A higher-profile jailbreak ended in a similar standoff. Michael Rodriguez, sentenced to life for murder, joined six lesser criminals in overpowering prison employees in Connolly, Tex. last December 13 before leaving in a maintenance truck. Police say the “Malevolent Seven” robbed an Oshman’s sporting goods store on Christmas Eve, then shot police officer Aubrey Hawkins 11 times and drove over his corpse. Authorities eventually captured Rodriguez and two other fugitives in a stolen Jeep near Woodland Park, Colo. A SWAT team surrounded two escapees hidden in a trailer. Randy Halprin surrendered. After negotiating with police, Larry Harper fatally shot himself.
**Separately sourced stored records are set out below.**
-- ===== src/Cbor/Decode/Faults.antt =====
-- An input on which `Decode` panics.
use aafp_go.Cbor.Head.RoundTrip.{read_arg-head}
use aafp_go.Cbor.Head.{read_arg}
use aafp_go.Cbor.{Limits}
use aafp_go.Base.{
  ℕ, suc, ◌^◌, ◌<◌, ◌≤◌, ◌≡◌, leb, lt→ltb, false, Bytes, ◌∷◌, ◌++◌, length, panic, ok, be_bytes,
  arith,
}
use aafp_go.Cbor.Decode.{decode, decode_value, decode_step, decode_body, decode_array, max_int}

read_wide :
    (arg : ℕ) (tail : Bytes)
    → 2 ^ 32 ≤ arg
    → arg < 2 ^ 64
    → read_arg 27 (be_bytes 8 arg ++ tail) ≡ ok (arg, tail)
read_wide arg tail low high = ground (arith, read_arg-head arg tail high)

array_panics :
    (limits : Limits) (len fuel arg : ℕ) (tail : Bytes)
    → 2 ^ 63 ≤ arg
    → limits.max_values < arg
    → arg < 2 ^ 64
    → decode_value limits len (suc fuel) (0x9b ∷ (be_bytes 8 arg ++ tail)) ≡ panic
unfolding decode_value decode_step decode_body decode_array
array_panics limits len fuel arg tail wide low high =
    let negative : leb arg max_int ≡ false = ground arith in
    rw (read_wide arg tail (omega arith) high) (rw (negative, lt→ltb limits.max_values arg low))

-- An array that claims 2 ^ 63 items or more makes `Decode` panic, whatever follows its head: as an
-- int the count is negative, so it passes the test against the bytes left, and `make` refuses it.
pub decode_array_panics :
    (limits : Limits) (arg : ℕ) (tail : Bytes)
    → 2 ^ 63 ≤ arg
    → limits.max_values < arg
    → arg < 2 ^ 64
    → decode limits (0x9b ∷ (be_bytes 8 arg ++ tail)) ≡ panic
unfolding decode
decode_array_panics limits arg tail wide low high = rw (
    array_panics limits (suc (length (be_bytes 8 arg ++ tail)))
      (suc (length (be_bytes 8 arg ++ tail))) arg tail wide low high)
Statistics on this phenomenon are rare. States categorize escapes differently and appear not to report them nationally. Clearly though, for some imprisoned murderers, “life without parole” is more suggestion than reality.

Lee John Knoch escaped Oregon’s Snake River Correctional Institute on February 28 before being caught in Idaho. He received life for burying Robert Holliday alive to prevent his testimony at Knoch’s torture trial.

After escaping a Florida prison in 1991, John Fred Woolard shot and killed a park ranger. Last May 28, Woolard escaped again, this time from a Mississippi prison, accompanied by armed robber Roy Randall Harper. The two convicts allegedly fired at a sheriff’s deputy who stopped them for speeding, then embarked on a high-speed chase in a stolen van last June 14. Woolard surrendered three days later, after a final getaway bid in yet another carjacked van.

Would tighter facilities help? Perhaps. But on January 15, three convicts escaped Oklahoma’s H-Unit, a supposedly hermetically sealed “prison within a prison.” The inmates reportedly disappeared into the crawl space behind the toilet each had pried loose in his respective cell.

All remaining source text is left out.